__WORK ORDER__:
Only the lines below starting at the one containing "is_outside from e" and ending at the one containing "-- The last" belong in the answer, each copied exactly.

(SUPPLIED DATA)

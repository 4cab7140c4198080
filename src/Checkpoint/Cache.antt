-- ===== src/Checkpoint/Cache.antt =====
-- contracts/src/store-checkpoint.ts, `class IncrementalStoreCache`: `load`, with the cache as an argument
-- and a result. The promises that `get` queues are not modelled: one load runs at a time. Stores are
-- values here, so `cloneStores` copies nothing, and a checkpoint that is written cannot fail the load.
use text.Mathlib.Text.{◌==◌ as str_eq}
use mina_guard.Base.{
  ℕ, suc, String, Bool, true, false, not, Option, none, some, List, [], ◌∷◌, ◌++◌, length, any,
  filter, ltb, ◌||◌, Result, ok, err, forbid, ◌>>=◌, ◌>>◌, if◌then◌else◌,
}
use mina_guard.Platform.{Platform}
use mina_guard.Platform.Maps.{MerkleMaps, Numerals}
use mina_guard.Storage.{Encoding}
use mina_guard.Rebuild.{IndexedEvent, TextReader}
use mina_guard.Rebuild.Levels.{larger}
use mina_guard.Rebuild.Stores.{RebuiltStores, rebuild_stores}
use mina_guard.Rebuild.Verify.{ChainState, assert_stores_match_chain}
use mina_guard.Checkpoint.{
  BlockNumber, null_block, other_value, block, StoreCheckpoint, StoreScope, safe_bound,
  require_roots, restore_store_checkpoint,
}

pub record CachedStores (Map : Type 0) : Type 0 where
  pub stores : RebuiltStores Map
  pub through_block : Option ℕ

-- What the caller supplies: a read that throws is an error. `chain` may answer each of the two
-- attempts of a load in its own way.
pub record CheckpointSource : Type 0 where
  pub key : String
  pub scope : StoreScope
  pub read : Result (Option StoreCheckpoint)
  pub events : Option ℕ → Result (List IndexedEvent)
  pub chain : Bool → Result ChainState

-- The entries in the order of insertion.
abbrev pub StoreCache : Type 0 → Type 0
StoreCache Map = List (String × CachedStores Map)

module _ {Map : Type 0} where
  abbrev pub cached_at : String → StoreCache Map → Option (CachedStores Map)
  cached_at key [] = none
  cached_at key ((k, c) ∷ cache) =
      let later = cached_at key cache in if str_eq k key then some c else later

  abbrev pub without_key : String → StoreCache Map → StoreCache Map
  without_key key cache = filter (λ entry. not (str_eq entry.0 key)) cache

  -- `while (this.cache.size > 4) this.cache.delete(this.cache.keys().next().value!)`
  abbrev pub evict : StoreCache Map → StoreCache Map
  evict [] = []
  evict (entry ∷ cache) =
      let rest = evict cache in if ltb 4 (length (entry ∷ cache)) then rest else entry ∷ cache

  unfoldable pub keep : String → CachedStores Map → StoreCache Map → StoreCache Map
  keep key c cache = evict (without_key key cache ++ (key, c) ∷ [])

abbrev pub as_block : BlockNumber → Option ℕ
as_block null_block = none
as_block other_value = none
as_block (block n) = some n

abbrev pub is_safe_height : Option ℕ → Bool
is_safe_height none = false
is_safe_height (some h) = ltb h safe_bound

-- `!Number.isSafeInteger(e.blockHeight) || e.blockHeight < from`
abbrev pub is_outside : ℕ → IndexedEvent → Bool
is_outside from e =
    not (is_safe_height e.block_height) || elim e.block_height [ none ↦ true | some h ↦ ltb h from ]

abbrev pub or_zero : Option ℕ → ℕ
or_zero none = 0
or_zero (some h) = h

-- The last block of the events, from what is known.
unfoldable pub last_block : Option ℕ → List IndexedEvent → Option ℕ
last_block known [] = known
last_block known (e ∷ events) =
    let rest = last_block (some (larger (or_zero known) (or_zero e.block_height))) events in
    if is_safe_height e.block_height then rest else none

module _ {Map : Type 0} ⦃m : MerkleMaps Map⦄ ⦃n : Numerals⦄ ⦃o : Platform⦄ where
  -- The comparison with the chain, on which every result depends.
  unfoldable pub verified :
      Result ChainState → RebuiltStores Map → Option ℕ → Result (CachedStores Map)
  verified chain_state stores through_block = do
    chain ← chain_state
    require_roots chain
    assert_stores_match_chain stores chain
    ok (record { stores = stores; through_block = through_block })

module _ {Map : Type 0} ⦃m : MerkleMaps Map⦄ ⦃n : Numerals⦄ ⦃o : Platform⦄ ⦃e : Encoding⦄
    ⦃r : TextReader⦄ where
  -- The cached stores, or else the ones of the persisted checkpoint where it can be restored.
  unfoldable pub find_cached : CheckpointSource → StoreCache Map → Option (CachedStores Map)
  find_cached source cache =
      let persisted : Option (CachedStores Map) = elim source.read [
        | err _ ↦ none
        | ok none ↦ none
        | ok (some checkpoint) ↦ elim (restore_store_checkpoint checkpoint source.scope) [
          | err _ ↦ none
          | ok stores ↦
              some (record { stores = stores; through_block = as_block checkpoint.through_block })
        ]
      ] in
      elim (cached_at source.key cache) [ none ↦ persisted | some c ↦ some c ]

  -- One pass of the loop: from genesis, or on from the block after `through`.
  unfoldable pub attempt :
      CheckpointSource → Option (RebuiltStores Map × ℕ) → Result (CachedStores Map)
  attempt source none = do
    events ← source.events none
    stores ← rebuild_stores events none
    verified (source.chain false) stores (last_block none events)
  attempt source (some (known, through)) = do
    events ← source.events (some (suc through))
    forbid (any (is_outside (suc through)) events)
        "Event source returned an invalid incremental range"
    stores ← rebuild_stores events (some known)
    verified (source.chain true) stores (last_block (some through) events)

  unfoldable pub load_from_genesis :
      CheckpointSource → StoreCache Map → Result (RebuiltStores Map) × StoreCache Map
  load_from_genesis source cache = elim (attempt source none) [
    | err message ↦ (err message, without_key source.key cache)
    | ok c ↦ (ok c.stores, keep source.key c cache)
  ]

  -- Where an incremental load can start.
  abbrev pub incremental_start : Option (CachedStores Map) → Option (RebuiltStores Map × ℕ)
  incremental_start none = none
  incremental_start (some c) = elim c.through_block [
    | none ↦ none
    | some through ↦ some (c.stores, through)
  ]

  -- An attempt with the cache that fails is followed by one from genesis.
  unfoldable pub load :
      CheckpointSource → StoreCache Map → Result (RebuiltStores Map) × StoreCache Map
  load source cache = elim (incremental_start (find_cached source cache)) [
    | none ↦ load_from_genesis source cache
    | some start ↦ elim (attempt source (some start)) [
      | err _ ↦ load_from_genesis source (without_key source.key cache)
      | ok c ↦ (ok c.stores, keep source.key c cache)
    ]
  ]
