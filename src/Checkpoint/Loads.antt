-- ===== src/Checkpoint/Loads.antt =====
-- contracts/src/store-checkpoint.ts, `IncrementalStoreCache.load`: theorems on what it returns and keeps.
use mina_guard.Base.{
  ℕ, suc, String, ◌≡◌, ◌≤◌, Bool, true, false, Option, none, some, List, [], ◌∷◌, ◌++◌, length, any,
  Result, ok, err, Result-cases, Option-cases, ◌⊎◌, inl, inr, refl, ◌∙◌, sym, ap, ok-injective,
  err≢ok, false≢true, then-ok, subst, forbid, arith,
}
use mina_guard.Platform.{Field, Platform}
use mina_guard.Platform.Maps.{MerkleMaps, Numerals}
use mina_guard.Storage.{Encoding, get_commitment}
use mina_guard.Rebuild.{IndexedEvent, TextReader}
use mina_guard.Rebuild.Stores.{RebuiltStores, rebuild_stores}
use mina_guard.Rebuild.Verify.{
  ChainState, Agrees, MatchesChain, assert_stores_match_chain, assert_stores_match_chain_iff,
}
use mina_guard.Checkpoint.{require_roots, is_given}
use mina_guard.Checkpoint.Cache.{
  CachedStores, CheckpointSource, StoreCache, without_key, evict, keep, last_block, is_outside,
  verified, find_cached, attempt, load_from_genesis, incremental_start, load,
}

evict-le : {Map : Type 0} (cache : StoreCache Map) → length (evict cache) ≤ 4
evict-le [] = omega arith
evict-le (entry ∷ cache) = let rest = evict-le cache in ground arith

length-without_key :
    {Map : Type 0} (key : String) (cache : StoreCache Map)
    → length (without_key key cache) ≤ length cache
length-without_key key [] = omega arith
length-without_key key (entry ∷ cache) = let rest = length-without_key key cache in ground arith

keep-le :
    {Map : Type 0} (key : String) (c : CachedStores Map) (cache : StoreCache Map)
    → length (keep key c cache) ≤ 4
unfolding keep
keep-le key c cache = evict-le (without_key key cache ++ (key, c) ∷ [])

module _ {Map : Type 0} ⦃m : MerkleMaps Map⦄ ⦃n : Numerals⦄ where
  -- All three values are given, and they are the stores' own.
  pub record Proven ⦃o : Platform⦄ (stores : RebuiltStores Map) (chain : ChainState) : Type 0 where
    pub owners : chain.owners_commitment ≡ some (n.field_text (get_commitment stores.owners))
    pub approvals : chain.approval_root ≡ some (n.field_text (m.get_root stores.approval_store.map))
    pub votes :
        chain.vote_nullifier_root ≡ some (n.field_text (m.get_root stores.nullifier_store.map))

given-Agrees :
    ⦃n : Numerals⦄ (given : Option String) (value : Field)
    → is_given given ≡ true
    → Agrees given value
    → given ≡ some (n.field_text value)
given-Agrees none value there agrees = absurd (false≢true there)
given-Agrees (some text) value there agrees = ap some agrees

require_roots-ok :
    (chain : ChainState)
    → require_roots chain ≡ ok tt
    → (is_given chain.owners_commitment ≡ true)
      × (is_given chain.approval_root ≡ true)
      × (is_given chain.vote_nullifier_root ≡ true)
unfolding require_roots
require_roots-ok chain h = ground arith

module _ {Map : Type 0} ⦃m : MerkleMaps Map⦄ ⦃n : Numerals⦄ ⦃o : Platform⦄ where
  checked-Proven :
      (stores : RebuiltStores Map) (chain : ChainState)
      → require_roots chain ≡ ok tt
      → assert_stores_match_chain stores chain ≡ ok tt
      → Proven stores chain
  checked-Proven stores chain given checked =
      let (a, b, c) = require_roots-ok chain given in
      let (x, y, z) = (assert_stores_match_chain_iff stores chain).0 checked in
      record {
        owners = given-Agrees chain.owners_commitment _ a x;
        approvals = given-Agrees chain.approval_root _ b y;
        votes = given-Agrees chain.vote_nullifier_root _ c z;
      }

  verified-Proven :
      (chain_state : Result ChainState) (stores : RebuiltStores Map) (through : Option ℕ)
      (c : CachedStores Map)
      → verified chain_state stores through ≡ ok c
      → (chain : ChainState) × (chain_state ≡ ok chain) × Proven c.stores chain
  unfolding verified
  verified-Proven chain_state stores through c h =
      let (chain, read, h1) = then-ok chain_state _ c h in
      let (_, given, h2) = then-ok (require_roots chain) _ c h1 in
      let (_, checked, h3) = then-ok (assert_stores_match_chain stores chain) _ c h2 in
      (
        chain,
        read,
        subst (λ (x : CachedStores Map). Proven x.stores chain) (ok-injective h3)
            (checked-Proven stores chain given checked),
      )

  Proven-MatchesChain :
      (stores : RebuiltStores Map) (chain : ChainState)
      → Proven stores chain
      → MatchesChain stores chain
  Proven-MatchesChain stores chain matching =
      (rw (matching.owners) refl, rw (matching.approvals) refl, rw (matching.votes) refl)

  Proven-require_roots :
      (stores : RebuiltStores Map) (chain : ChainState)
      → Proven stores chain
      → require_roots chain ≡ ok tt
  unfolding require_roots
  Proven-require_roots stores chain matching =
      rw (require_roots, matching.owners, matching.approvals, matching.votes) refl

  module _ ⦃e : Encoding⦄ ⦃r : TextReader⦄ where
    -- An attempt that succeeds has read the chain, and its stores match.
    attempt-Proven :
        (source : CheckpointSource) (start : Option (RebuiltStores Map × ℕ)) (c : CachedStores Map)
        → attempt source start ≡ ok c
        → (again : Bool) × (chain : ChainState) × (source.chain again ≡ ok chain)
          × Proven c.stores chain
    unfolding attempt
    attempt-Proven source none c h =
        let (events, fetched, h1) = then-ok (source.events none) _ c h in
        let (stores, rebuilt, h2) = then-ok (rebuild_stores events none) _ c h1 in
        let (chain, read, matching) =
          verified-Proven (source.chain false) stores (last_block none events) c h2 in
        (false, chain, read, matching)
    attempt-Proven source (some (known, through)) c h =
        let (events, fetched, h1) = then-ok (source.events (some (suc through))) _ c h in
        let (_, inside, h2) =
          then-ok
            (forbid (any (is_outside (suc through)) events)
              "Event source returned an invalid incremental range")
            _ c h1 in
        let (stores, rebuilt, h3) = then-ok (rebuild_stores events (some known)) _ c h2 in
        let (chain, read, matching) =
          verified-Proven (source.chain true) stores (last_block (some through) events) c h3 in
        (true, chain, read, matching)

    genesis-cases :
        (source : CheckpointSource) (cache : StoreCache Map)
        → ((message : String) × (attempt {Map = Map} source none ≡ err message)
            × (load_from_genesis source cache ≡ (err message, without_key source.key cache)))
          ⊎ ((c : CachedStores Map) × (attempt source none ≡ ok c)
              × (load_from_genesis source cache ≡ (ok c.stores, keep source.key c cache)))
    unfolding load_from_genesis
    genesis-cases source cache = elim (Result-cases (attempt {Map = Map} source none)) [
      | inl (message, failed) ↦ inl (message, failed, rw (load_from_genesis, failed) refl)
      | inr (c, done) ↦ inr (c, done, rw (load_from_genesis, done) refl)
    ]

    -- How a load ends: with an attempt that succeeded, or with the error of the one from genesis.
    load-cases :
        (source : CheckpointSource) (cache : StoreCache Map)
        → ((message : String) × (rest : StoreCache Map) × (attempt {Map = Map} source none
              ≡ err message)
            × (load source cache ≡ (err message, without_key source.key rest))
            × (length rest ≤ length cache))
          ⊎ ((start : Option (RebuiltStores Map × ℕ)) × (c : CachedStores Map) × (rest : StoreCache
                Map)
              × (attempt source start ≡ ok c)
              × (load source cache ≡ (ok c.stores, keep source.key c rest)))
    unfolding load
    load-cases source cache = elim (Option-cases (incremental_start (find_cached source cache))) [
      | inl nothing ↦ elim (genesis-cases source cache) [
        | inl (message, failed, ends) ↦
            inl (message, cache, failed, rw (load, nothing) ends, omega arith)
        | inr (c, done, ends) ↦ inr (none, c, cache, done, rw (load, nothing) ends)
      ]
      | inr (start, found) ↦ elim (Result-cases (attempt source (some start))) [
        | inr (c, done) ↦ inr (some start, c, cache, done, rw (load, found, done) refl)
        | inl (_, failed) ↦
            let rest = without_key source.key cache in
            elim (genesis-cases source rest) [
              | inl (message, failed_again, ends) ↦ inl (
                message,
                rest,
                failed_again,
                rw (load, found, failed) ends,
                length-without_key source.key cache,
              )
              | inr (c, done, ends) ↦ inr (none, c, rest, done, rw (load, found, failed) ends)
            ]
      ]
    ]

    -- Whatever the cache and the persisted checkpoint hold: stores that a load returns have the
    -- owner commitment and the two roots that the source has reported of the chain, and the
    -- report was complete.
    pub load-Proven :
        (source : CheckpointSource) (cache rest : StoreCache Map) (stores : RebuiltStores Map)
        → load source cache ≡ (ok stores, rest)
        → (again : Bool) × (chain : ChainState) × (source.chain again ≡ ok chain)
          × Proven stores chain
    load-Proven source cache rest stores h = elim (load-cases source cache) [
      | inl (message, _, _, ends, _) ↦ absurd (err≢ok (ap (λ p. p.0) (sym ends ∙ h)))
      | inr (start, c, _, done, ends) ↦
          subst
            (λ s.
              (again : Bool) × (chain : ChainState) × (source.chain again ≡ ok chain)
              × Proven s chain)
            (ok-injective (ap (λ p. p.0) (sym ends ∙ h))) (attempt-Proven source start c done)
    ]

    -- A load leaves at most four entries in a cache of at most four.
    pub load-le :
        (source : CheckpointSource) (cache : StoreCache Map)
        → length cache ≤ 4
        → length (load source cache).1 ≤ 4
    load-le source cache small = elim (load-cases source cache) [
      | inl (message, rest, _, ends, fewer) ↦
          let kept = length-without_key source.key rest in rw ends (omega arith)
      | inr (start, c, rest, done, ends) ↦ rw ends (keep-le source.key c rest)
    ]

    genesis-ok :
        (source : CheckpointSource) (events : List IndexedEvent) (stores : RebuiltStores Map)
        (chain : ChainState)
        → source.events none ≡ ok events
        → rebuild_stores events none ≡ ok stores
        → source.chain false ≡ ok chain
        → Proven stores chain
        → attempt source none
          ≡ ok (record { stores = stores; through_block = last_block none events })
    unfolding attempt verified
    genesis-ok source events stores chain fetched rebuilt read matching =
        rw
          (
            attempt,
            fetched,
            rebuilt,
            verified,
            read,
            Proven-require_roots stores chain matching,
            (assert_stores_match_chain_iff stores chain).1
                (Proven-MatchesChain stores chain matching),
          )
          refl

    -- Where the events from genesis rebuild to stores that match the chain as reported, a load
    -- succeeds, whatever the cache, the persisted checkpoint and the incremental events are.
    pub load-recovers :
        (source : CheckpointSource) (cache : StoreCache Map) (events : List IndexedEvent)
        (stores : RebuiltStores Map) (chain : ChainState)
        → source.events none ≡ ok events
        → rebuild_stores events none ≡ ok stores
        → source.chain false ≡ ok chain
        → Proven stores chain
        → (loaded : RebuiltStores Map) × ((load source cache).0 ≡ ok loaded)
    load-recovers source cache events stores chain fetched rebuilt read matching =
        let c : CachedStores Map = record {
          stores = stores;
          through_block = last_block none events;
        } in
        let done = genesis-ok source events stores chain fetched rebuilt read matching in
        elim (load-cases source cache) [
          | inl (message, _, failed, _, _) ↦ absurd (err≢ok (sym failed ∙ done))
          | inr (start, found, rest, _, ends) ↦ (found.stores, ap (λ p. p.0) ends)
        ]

(End SUPPLIED DATA)

__REPLY TO THE TASK__:
is_outside from e =
    not (is_safe_height e.block_height) || elim e.block_height [ none ↦ true | some h ↦ ltb h from ]

abbrev pub or_zero : Option ℕ → ℕ
or_zero none = 0
or_zero (some h) = h

-- The last block of the events, from what is known.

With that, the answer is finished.